This assertion was uttered by Fitz in the season 3 episode “Spacetime”. He explains to the team how “time is an illusion” used to perceive the fourth dimension, but as we have seen in Fitz’s past, like here in Spacetime, and in Fitz’s (potential) future, as seen through the eyes of Robin, in The Last Day when he asserts that “Nothing we do matters”. He suggest that they have been stuck in the time loop trying to change things, and they never can. In fact, according to Fitz’s perspective on the theory of spacetime, everything that happens happens exactly as it happens and cannot happen another way. It’s why in the the future, when Yo-Yo speaks to herself, her future self says she can hear her “own words” bouncing through her head. She realizes it’s a literal loop and that every decision, every word, is exactly the same every time. This is Fitz’s whole worldview. All of the universe, from the big bang to the unpredictable end, is a solid stationary object in the 4th dimension, but as we exist in the 3rd dimension, we experience it all one moment at a time. So given the same situation, the same people will always make the same choices. This is where the Doctor comes in.
Fitz’s sense of self was already called into serious question when he awoke from the Framework. Through his father’s emotional abuse and spreading of toxic masculinity (Placing strength above love, ie when he corrects Jemma saying that Fitz isn’t a good man, Leopold is a great one), compounded by AIDA’s lies and manipulation, Leopold was a personality that practically couldn’t be more dissimilar from Fitz, united only by their genius. Until Fitz woke up. When he got out of the framework, he had lived a whole life that was and wasn’t his, and unlike the rest of the team, it was a whole life. Coulson reset from college, Mack reset to his daughter’s birth, May reset to Bahrain, Mace to whenever he went through terregenesis (or maybe since HYDRA took over) but Fitz’s new life started as a child, with a father who actually sobered up and stuck around. And after several real world affecting decisions (building AIDA a body, ordering the hit on Mace) he woke up. With another voice in his head.

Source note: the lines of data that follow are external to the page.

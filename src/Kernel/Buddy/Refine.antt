-- ===== src/Kernel/Buddy/Refine.antt =====
-- `genericAllocMemoryRec` on the nodes does what `allocate` does on the tree.
use tp_so.Base.{
  ℕ, suc, ◌*◌, ◌/◌, ◌^◌, ◌≤◌, ◌<◌, inl, inr, Option, some, ◌==◌, if◌then◌else◌, arith, Bool-cases,
}
use tp_so.Base.Maybe.{◌>>=◌, Returns, Returns-bind}
use tp_so.Ipc.Buffer.{null}
use tp_so.Kernel.Buddy.{BuddyMemoryManager, mem_node_size, set_descendants, end_recursive_call}
use tp_so.Kernel.Buddy.Tree.{Part, free, halves, left_at, right_at, half_of, allocate}
use tp_so.Kernel.Buddy.Call.{Allocated, Given, half-depth}
use tp_so.Kernel.Buddy.Halved.{
  Halved, Given-left_half, Given-right_half, after-left, after-right, finish, start, split,
}

-- The recursive calls do what `allocate` does to the depth `d`.
module _ (d need : ℕ) (large : mem_node_size ≤ need)
    (again : BuddyMemoryManager → ℕ → ℕ → Option (ℕ × BuddyMemoryManager))
    (does : (m : BuddyMemoryManager) (a s : ℕ) (p : Part)
      → Given m a s p
      → s < 2 ^ d
      → Returns (Allocated m a s (allocate d need a s p)) (again m a need)) where
  module _ (m0 : BuddyMemoryManager) (a s : ℕ) (p0 : Part) (g : Given m0 a s p0)
      (deep : s < 2 ^ suc d) (wide : 2 * mem_node_size ≤ s) where
    left-does :
        (m : BuddyMemoryManager) (l r : Part)
        → Halved m0 m a s l r
        → Returns
            (Allocated m (left_at a) (half_of s) (allocate d need (left_at a) (half_of s) l))
            (again m (left_at a) need)
    left-does m l r h =
        does m (left_at a) (half_of s) l (Given-left_half m0 a s p0 g wide m l r h)
          (half-depth d s deep)

    right-does :
        (m : BuddyMemoryManager) (l r : Part)
        → Halved m0 m a s l r
        → Returns
            (Allocated m (right_at a s) (half_of s) (allocate d need (right_at a s) (half_of s) r))
            (again m (right_at a s) need)
    right-does m l r h =
        does m (right_at a s) (half_of s) r (Given-right_half m0 a s p0 g wide m l r h)
          (half-depth d s deep)

  -- A free node that is halved: the left half is tried.
  pub split-does :
      (m : BuddyMemoryManager) (a s : ℕ)
      → Given m a s free
      → s < 2 ^ suc d
      → need ≤ s / 2
      → Returns
          (Allocated m a s
            (let x = allocate d need (left_at a) (half_of s) free in (x.0, halves x.1 free)))
          (again (set_descendants m a) (left_at a) need >>= λ out.
            some (out.0, end_recursive_call out.1 a))
  split-does m a s g deep fits =
      let wide : 2 * mem_node_size ≤ s = omega (arith, fits, large) in
      let h = split m a s wide g in
      Returns-bind _ _ (again (set_descendants m a) (left_at a) need)
        (λ out. some (out.0, end_recursive_call out.1 a))
        (left-does m a s free g deep wide (set_descendants m a) free free h)
        (λ out k.
          let x = allocate d need (left_at a) (half_of s) free in
          rw k.returned (
            finish m a s free g wide x.0 out.1 x.1 free
              (after-left m a s free g wide (set_descendants m a) free free x out h k)))

  -- A node with halves: the left one is tried, and the right one if that returned NULL.
  second-does :
      (m0 m : BuddyMemoryManager) (a s v : ℕ) (p0 l r : Part)
      → Given m0 a s p0
      → s < 2 ^ suc d
      → 2 * mem_node_size ≤ s
      → Halved m0 m a s l r
      → Returns
          (Allocated m0 a s (
            let y = allocate d need (right_at a s) (half_of s) r in
            if v == null then (y.0, halves l y.1) else (v, halves l r)))
          ((if v == null then again m (m.nodes a).right need else some (v, m)) >>= λ out.
            some (out.0, end_recursive_call out.1 a))
  second-does m0 m a s v p0 l r g deep wide h = elim (Bool-cases (v == null)) [
    | inl e ↦
        let y = allocate d need (right_at a s) (half_of s) r in
        rw (e, h.to_right)
          (Returns-bind _ _ (again m (right_at a s) need)
            (λ out. some (out.0, end_recursive_call out.1 a))
            (right-does m0 a s p0 g deep wide m l r h)
            (λ out k. rw k.returned (
              finish m0 a s p0 g wide y.0 out.1 l y.1
                (after-right m0 a s p0 g wide m l r y out h k))))
    | inr e ↦ rw e (finish m0 a s p0 g wide v m l r h)
  ]

  pub halves-does :
      (m : BuddyMemoryManager) (a s : ℕ) (l r : Part)
      → Given m a s (halves l r)
      → s < 2 ^ suc d
      → 2 * mem_node_size ≤ s
      → Returns
          (Allocated m a s (
            let x = allocate d need (left_at a) (half_of s) l in
            let y = allocate d need (right_at a s) (half_of s) r in
            if x.0 == null then (y.0, halves x.1 y.1) else (x.0, halves x.1 r)))
          (again m (m.nodes a).left need >>= λ l.
            (if l.0 == null then again l.1 (l.1.nodes a).right need else some l) >>= λ out.
            some (out.0, end_recursive_call out.1 a))
  halves-does m a s l r g deep wide =
      let h = start m a s l r g in
      let x = allocate d need (left_at a) (half_of s) l in
      rw h.to_left (
        Returns-bind _ _ (again m (left_at a) need)
          (λ l. (if l.0 == null then again l.1 (l.1.nodes a).right need else some l) >>= λ out.
            some (out.0, end_recursive_call out.1 a))
          (left-does m a s (halves l r) g deep wide m l r h)
          (λ out k.
            let next = after-left m a s (halves l r) g wide m l r x out h k in
            rw k.returned (second-does m out.1 a s x.0 (halves l r) x.1 r g deep wide next)))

When Fitz is taken by Hale’s team, his first suggestion for what happened to the team is that he may have “Prodromal [Phase] Schizophrenia”, which is the earliest phase of the disorder, and could have blocked out the memory of doing something to, or for, his team. This theory is dismissed as everyone in the diner suffered the time lapse from Enoch’s device. However, his theory is accurate about himself, I think, especially when he says that he’s racking his “brains”. Plural. Now, the first phase of schizophrenia can manifest like depression or anxiety, with the person often being closed off (Fitz in prison), prone to outbursts of anger (Fitz watching football in prison), and odd or out of character behavior (Fitz in all of season 5). When Hunter helps get Fitz out, he gives him the advice to tap into his dark side, as it can be useful, but Hunter doesn’t have a literal other personality in his head. Fitz clearly listens to him when confronting Enoch, or controlling the room as Boshtok the Marauder, but he doesn’t take over. But this other personality is not just a sign a schizophrenia, which Fitz displays symptoms of, it’s a DID.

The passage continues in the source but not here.